The EEOC • Vaas emphasizes the legislated limitations on the newly established Commission’s power to: • Establish offices (The structure of EEOC remains dynamic), and require employer record-keeping; • Engage in litigation to directly enforce the statute (Limiting the Agency’s basic role to private, confidential efforts at conciliation of disputes, but allowing EEOC to refer “pattern or practice” cases to the Attorney General and to assist the USOAG in litigation).
Monetary remedies & Attorneys fees • Note the original vesting of subject matter jurisdiction in the federal courts, and the exclusive provision of equitable remedies, including back pay; • Note the provision for the judicial award of attorneys’ fees to a prevailing plaintiff, in comparison to the private tort system’s compensation scheme for attorneys.
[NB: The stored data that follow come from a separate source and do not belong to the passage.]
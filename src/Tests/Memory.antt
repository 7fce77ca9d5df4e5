-- ===== src/Tests/Memory.antt =====
-- A storage in memory that keeps what the clients of a storage rely on. What it can hold is under
-- the identifiers that it lists.
use emerald_rs.Prelude.{
  ◌≡◌, refl, sym, ap, ◌∙◌, ◌==◌, ==_iff, if◌then◌else◌, Bool, true, Option, none, some, List,
  Result, ok, err, Bool-cases, inl, inr, arith,
}
use emerald_rs.Structs.{Uuid, VaultError, data_not_found, incorrect_id_error, filesystem_error}
use emerald_rs.Storage.Access.{Io, VaultAccess, IsVault, Keeps, written, removed}

module _ {S P : Type 0} (look : S → Uuid → Option P) (put : S → (Uuid → Option P) → S)
    (id_of : P → Uuid) (look-put : (s : S) (v : Uuid → Option P) → look (put s v) ≡ v) where
  abbrev pub got : Uuid → Option P → Result VaultError P
  got id none = err data_not_found
  got id (some p) = if id_of p == id then ok p else err incorrect_id_error

  abbrev pub added : P → Option P → Io S Uuid
  added p none s = (ok (id_of p), put s (written (look s) (id_of p) (some p)))
  added p (some q) s = (err (filesystem_error "Already exists"), s)

  abbrev pub updated : P → Option P → Io S Bool
  updated p none s = (err incorrect_id_error, s)
  updated p (some q) s = (ok true, put s (written (look s) (id_of p) (some p)))

  abbrev pub memory : List Uuid → VaultAccess S P
  memory ids = record {
    list = λ s. (ok ids, s);
    get = λ id s. (got id (look s id), s);
    add = λ p s. added p (look s (id_of p)) s;
    remove = λ id s. (ok true, put s (removed (look s) id));
    update = λ p s. updated p (look s (id_of p)) s;
  }

  got_ok : (id : Uuid) (o : Option P) (p : P) → got id o ≡ ok p → (o ≡ some p) × (id_of p ≡ id)
  got_ok id none p h = cc
  got_ok id (some q) p h = elim (Bool-cases (id_of q == id)) [
    | inl eq ↦
        let same : q ≡ p = ground arith in
        (ap some same, ap id_of (sym same) ∙ (==_iff (id_of q) id).0 eq)
    | inr ne ↦ absurd (ground arith)
  ]

  added_ok :
      (p : P) (o : Option P) (s : S) (id : Uuid)
      → (added p o s).0 ≡ ok id
      → (id ≡ id_of p) × (o ≡ none) × (look (added p o s).1 ≡ written (look s) (id_of p) (some p))
  added_ok p none s id h = (cc, refl, look-put s _)
  added_ok p (some q) s id h = cc

  updated_ok :
      (p : P) (o : Option P) (s : S) (b : Bool)
      → (updated p o s).0 ≡ ok b
      → (b ≡ true) × (look (updated p o s).1 ≡ written (look s) (id_of p) (some p))
  updated_ok p none s b h = cc
  updated_ok p (some q) s b h = (cc, look-put s _)

  pub memory-IsVault : (ids : List Uuid) → IsVault (memory ids) look id_of (λ p. some p)
  memory-IsVault ids = record {
    list_view = λ s. refl;
    get_view = λ s id. refl;
    get_ok = λ s id p h. got_ok id (look s id) p h;
    add_ok = λ s p id h. added_ok p (look s (id_of p)) s id h;
    update_ok = λ s p b h. updated_ok p (look s (id_of p)) s b h;
    remove_ok = λ s id b h. look-put s _;
  }

  module _ {Q : Type 0} (other : S → Uuid → Option Q)
      (other-put : (s : S) (v : Uuid → Option P) → other (put s v) ≡ other s) where
    added_keeps : (p : P) (o : Option P) (s : S) → other (added p o s).1 ≡ other s
    added_keeps p none s = other-put s _
    added_keeps p (some q) s = refl

    updated_keeps : (p : P) (o : Option P) (s : S) → other (updated p o s).1 ≡ other s
    updated_keeps p none s = refl
    updated_keeps p (some q) s = other-put s _

    pub memory-Keeps : (ids : List Uuid) → Keeps (memory ids) other
    memory-Keeps ids = record {
      list_keeps = λ s. refl;
      get_keeps = λ s id. refl;
      add_keeps = λ s p. added_keeps p (look s (id_of p)) s;
      update_keeps = λ s p. updated_keeps p (look s (id_of p)) s;
      remove_keeps = λ s id. other-put s _;
    }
Conclusion • Vaas’ concluding commentary presages the Supreme Court’s struggle, over the next four decades to define “discrimination” and establish the boundaries of Title VII’s application; • Although Title VII, and the other provisions of the 1964 Civil Rights Act, are the product of a courageous leadership on the part of the Executive and Congress, the inadequacies of the legislative process have provided students of this subject with an opportunity to engage in a critical study of how the Supreme Court works, and whether it has been efficient and effective, in enforcing a nondiscrimination principle fashioned by a debate which was mightily influenced by geo-cultural factors.